However, this section of the code does not include an explicit exemption for residential buildings. If the inspector is not happy, my fire insurance is void. 

The existing warm air ducting is explicitly exempt (re fire dampers) under a clause that it is directly connected to a residential furnace with a 165F max safety cut off. Again, this duct system already connects the family room through he warm air ducts to main floor registers without fire dampers and meets code! Fire could follow that duct work or just go up the open stairwell!

My inspector will approve fans and ducts that penetrate the floor only with fire dampers. He rules!

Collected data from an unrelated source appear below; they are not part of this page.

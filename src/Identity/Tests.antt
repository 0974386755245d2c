-- ===== src/Identity/Tests.antt =====
-- An account with a confirmed factor and a live session, and what its requests and codes come to.
use nexa_panel.Prelude.{
  ℕ, ◌≤◌, ◌≡◌, ◌⊎◌, refl, inr, true, false, none, some, List, [], ◌∷◌, Text, codes, arith,
}
use nexa_panel.Identity.Model.{UserModel, SessionModel, Db, Principal, Request, Outside}
use nexa_panel.Identity.Sessions.{
  refused, find_session, drop_token, touch, background_request, safe_method, is_none,
  valid_request_origin, valid_csrf_token, authenticate_row, authenticate_cookie, authenticate,
  enforce_origin_and_csrf, middleware,
}
use nexa_panel.Identity.Factor.{
  find_user, commit_totp, spend, commit_recovery, verify_recovery, first_step, validate_totp,
}
use nexa_panel.Identity.Consumption.{
  Consumption, totp, recovery, consume, accepted_steps, accepted_codes,
}
use nexa_panel.Identity.Admission.{IsLive, CameFromPanel, middleware-IsLive}
use nexa_panel.Identity.Replay.{StrictlyAbove, accepted_steps-StrictlyAbove}
use nexa_panel.Identity.Codes.{codes_left, accepted_codes-le-codes_left}
use nexa_panel.Prelude.{
  text_eq, trim_space, trim_left, trim_right, keep_unless_trailing, is_space, byte_len,
}
use nexa_panel.Jobs.Redact.{starts_with}

abbrev token : Text
token = codes "0123456789abcdef0123456789abcdef0123456789abcdef0123456789abcdef"

abbrev outside : Outside
outside = record {
  sha256 = λ t. t;
  url_host = λ u. some (codes "panel");
  equal_fold = λ a b. text_eq a b;
  decrypt = λ label c. some c;
  to_upper = λ t. t;
  base32 = λ t. some t;
  totp_code = λ secret step. codes "123456";
  hash_recovery_code = λ c. c;
}

abbrev admin : UserModel
admin = record {
  id = codes "u1";
  username = codes "admin";
  role = codes "admin";
  totp_secret_encrypted = some (codes "s");
  totp_confirmed_at = some 5;
  totp_last_step = 2;
  recovery_code_hashes = codes "aa" ∷ codes "bb" ∷ [];
}

abbrev session : SessionModel
session = record {
  id = codes "s1";
  user_id = codes "u1";
  token_hash = token;
  created_at = 10;
  expires_at = 1000;
  last_seen_at = 50;
  mfa_verified_at = some 20;
  csrf_token_hash = codes "csrf";
}

abbrev db : Db
db = record { users = admin ∷ []; sessions = session ∷ [] }

abbrev post : Request
post = record {
  method = codes "POST";
  path = codes "/api/v1/sites";
  host = codes "panel";
  cookie = some token;
  origin = codes "https://panel";
  sec_fetch_site = [];
  referer = [];
  csrf_token = codes "csrf";
  background = codes "1";
}

abbrev person : Principal
person = record {
  id = codes "u1";
  username = codes "admin";
  role = codes "admin";
  session_id = codes "s1";
  token_hash = token;
  csrf_token_hash = codes "csrf";
  mfa_verified_at = some 20;
  totp_confirmed_at = some 5;
}

middleware-IsLive_example :
    IsLive outside 100 60 post db person
    × ((person.totp_confirmed_at ≡ none) ⊎ (is_none person.mfa_verified_at ≡ false))
    × CameFromPanel outside post person true
unfolding find_session drop_token touch background_request safe_method valid_request_origin
    valid_csrf_token authenticate_row authenticate_cookie authenticate enforce_origin_and_csrf
    middleware text_eq trim_space trim_left trim_right keep_unless_trailing is_space byte_len
    starts_with
middleware-IsLive_example = middleware-IsLive outside 100 60 post db db person refl

-- A session that was not used for too long is ended.
idle_session :
    middleware outside 100 post 200 db
    ≡ (refused (codes "authentication_required"), record db { sessions = [] })
unfolding find_session drop_token touch background_request safe_method valid_request_origin
    valid_csrf_token authenticate_row authenticate_cookie authenticate enforce_origin_and_csrf
    middleware text_eq trim_space trim_left trim_right keep_unless_trailing is_space byte_len
    starts_with
idle_session = refl

-- The same step twice, then a later one; the same recovery code twice.
abbrev consumptions : List Consumption
consumptions =
    totp person 3 100
    ∷ totp person 3 101
    ∷ recovery person (codes "aa") 102
    ∷ recovery person (codes "aa") 103
    ∷ totp person 4 104
    ∷ []

accepted : accepted_steps (codes "u1") consumptions db ≡ 3 ∷ 4 ∷ []
unfolding accepted_steps consume commit_totp verify_recovery commit_recovery spend find_user text_eq
accepted = refl

accepted_steps-StrictlyAbove_example : StrictlyAbove 2 (accepted_steps (codes "u1") consumptions db)
accepted_steps-StrictlyAbove_example =
    accepted_steps-StrictlyAbove (codes "u1") 2 consumptions db (inr (le_refl 2), tt)
  where
    le_refl : (n : ℕ) → n ≤ n
    le_refl n = omega arith

accepted_codes-le-codes_left_example :
    accepted_codes (codes "u1") (codes "aa") consumptions db
    ≤ codes_left (codes "u1") (codes "aa") db
accepted_codes-le-codes_left_example =
    accepted_codes-le-codes_left (codes "u1") (codes "aa") consumptions db

-- A code of the current period is accepted past the last step.
code_accepted : validate_totp outside (codes "s") (codes "123456") 90 2 ≡ some 3
unfolding validate_totp first_step text_eq byte_len trim_space trim_left trim_right
    keep_unless_trailing is_space
code_accepted = refl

I did cover the safety issues and  keeping my home insurance valid. so back to the QUESTION!

Where can I find in line variable speed fans to move significant air through small diameter (4") horizontal ducts. Not just "booster fans", these will be the sole "air handler" fan for these ducts. High velocity/pressure is required to keep duct size small.

gerry


----------



## paul52446m (May 9, 2011)

Grainger Industrial Supply      Paul


----------



## gerry_g (May 10, 2011)

paul52446m said:


> Grainger Industrial Supply      Paul



I know and have an account at Granger, although their prices are high compared to the supply house I deal with most often.

Perhaps I should have phrased the question more explicitly. What specific fans are suitable as primary air movers, not boosters or small diameter multiple bathroom exhaust (not 100% duty cycle). The latter are usually have plastic shells and thus a no go per my inspector. That is another interesting inspection interpretation.

Specs desired:

Metal shell 

Not larger than 4" diameter

Can be connected with a remote a variable speed control.

Capable of 300+ cfm when used as sole air mover in 30' straight run with a flare out to 6' or 8" elbow and floor register

gerry


----------